Fault Tolerance Features
There are multiple levels of Fault Tolerance built into all levels of ELM Enterprise Manager making it one of the most robust log management and server monitoring solutions available. We take collection, protection and validation of data seriously and you will see that in the variety of approaches we’ve built into our products.
At the agent or monitored system level, ELM is designed with two different levels of fault tolerance protection.
Caching– When Service Agents are unable to connect to an ELM Server they will cache data until a connection is re-established to maintain data collection of all events configured for monitoring. The cache size can be configured as needed.
Agent Monitor- This monitor item performs regular checks on the ELM Service Agents installed. If the Service Agent fails to respond or responds slowly, actions such as a restart can be taken or a notification triggered so that monitoring can be resumed as quickly as possible.
Point to Point Verification
ELM includes monitoring features that go above and beyond a simple PING status indicator.
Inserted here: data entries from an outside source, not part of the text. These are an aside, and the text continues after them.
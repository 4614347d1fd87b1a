-- ===== src/Devlist.antt =====
-- main/devlist_page.h: the order of device.list pages and the encoding of a row.
-- A pool is a list of slots; `ieee_of` and `live` are functions of the slot, as in the template.
pub mod Next
pub mod Escape
pub mod Page
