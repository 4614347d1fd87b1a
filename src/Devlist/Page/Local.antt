-- ===== src/Devlist/Page/Local.antt =====
-- main/ws_bridge.cpp, cmd_device_list: the local reply holds every live device.
use zhac_mono_core.Prelude.{
  ℕ, ◌+◌, ◌*◌, ◌^◌, ◌≤◌, ◌<◌, ◌≡◌, refl, ◌∙◌, sym, inl, inr, Bool, true, false, List, [], ◌∷◌, ◌++◌,
  arith, leb, if◌then◌else◌, length, Bool-cases, append-nil, append_assoc, length-append,
}
use zhac_mono_core.Prelude.Text.{bytes, decimal}
use zhac_mono_core.Devlist.Escape.{row_cap}
use zhac_mono_core.Devlist.Escape.Row.{ten_digits}
use zhac_mono_core.Devlist.Page.{Zap, IsZap, format_device_row, list_head, list_rows, list_reply}
use zhac_mono_core.Devlist.Page.Walk.{
  rows_text, length-format_device_row, format_device_row-row_fits,
}

-- The devices that are not removed, in pool order.
pub present : (zap : Zap) → List zap.Device → List zap.Device
present zap [] = []
present zap (d ∷ ds) = if zap.is_removed d then present zap ds else d ∷ present zap ds

list_rows-present :
    (zap : Zap)
    → IsZap zap
    → (cap : ℕ) (ds : List zap.Device) (out : List ℕ) (is_first : Bool)
    → length out + row_cap * length ds ≤ cap
    → list_rows zap cap ds out is_first ≡ out ++ rows_text zap is_first (present zap ds)
unfolding list_rows present rows_text
list_rows-present zap law cap [] out is_first h = sym (append-nil out)
list_rows-present zap law cap (d ∷ ds) out is_first h =
    let row = format_device_row zap d is_first in
    let fits = format_device_row-row_fits zap law d is_first in
    let (pos, short) = length-format_device_row zap law d is_first in
    let room : leb cap (length out + length row + 4) ≡ false = ground arith in
    elim (Bool-cases (zap.is_removed d)) [
      | inl e ↦ rw e (list_rows-present zap law cap ds out is_first (omega arith))
      | inr e ↦
          rw (e, fits, room)
            (list_rows-present zap law cap ds (out ++ row) false
                (omega (arith, length-append out row))
              ∙ append_assoc out row (rows_text zap false (present zap ds)))
    ]

length-list_head : (id : ℕ) → id < 2 ^ 32 → length (list_head id) ≤ 64
length-list_head id h =
    omega (arith, length-append (decimal id) (bytes ",\"ok\":true,\"data\":["), ten_digits id h)

-- Where at most four devices joined between the allocation and the lock, the local reply is the head, the rows of
-- all devices that are not removed in pool order, and the end: none is left out.
pub list_reply-whole :
    (zap : Zap)
    → IsZap zap
    → (counted : ℕ) (pool : List zap.Device) (id : ℕ) → id < 2 ^ 32
    → length pool ≤ counted + 4
    → list_reply zap counted pool id
      ≡ list_head id ++ rows_text zap true (present zap pool) ++ bytes "]}"
unfolding list_reply
list_reply-whole zap law counted pool id small joined =
    rw
      (list_rows-present zap law (64 + (counted + 4) * row_cap) pool (list_head id) true
        (omega (arith, length-list_head id small)))
      refl
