-- ===== src/Examples.antt =====
-- The theorems at concrete inputs, and tests of the definitions.
mod Flash
mod Text
mod Groups
mod AuthFlash
mod Auth
mod Logs
mod Rows
mod Hub
mod Api
mod Bridge
mod System
mod Wifi
mod Scripts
An Event Writer used in conjunction with Correlation Views can verify the complete cycle of Agents collecting events and sending them to the ELM Server as expected. If a predetermined stop or start event is not detected within a specified interval, actions such as a notification, dashboard alert, or a restart script can be implemented.
ELM is deployed using both a Primary and Failover database strategy. The Primary database stores the most recent event, performance, SNMP and Syslog data.
The Failover database prevents loss of monitoring and alerting while the Primary is unavailable or under maintenance for example. Once a connection to the Primary database is re-established, data from the Failover automatically populates the Primary, merging seamlessly so that all views and reports perform as expected without gaps.
ELM provides additional Fault Tolerance by providing the option to employ a Standby ELM Server which will accept data (Events, Performance Data) from Agents should the primary or home ELM Server become unavailable for an extended period of time.
When this condition is detected, Agents will automatically swing over and report to the Standby Server.
Once issues are resolved agents will return to reporting to their home server.
Active Server Redundancy
ELM is one of the few log management and server monitoring solutions that supports Agents reporting to more than one centralized server. In this scenario Agents from Location A can report to both Server A and Server B just as Agents in Location B can report to both Server A and Server B for mirrored redundancy.
Each of the centralized servers also monitor one another. If Server A were to go offline, Server B will then take over the notifications that were originating from A and vice versa.
This redundancy feature supports environments where monitoring of events and continuation of notifications is absolutely critical.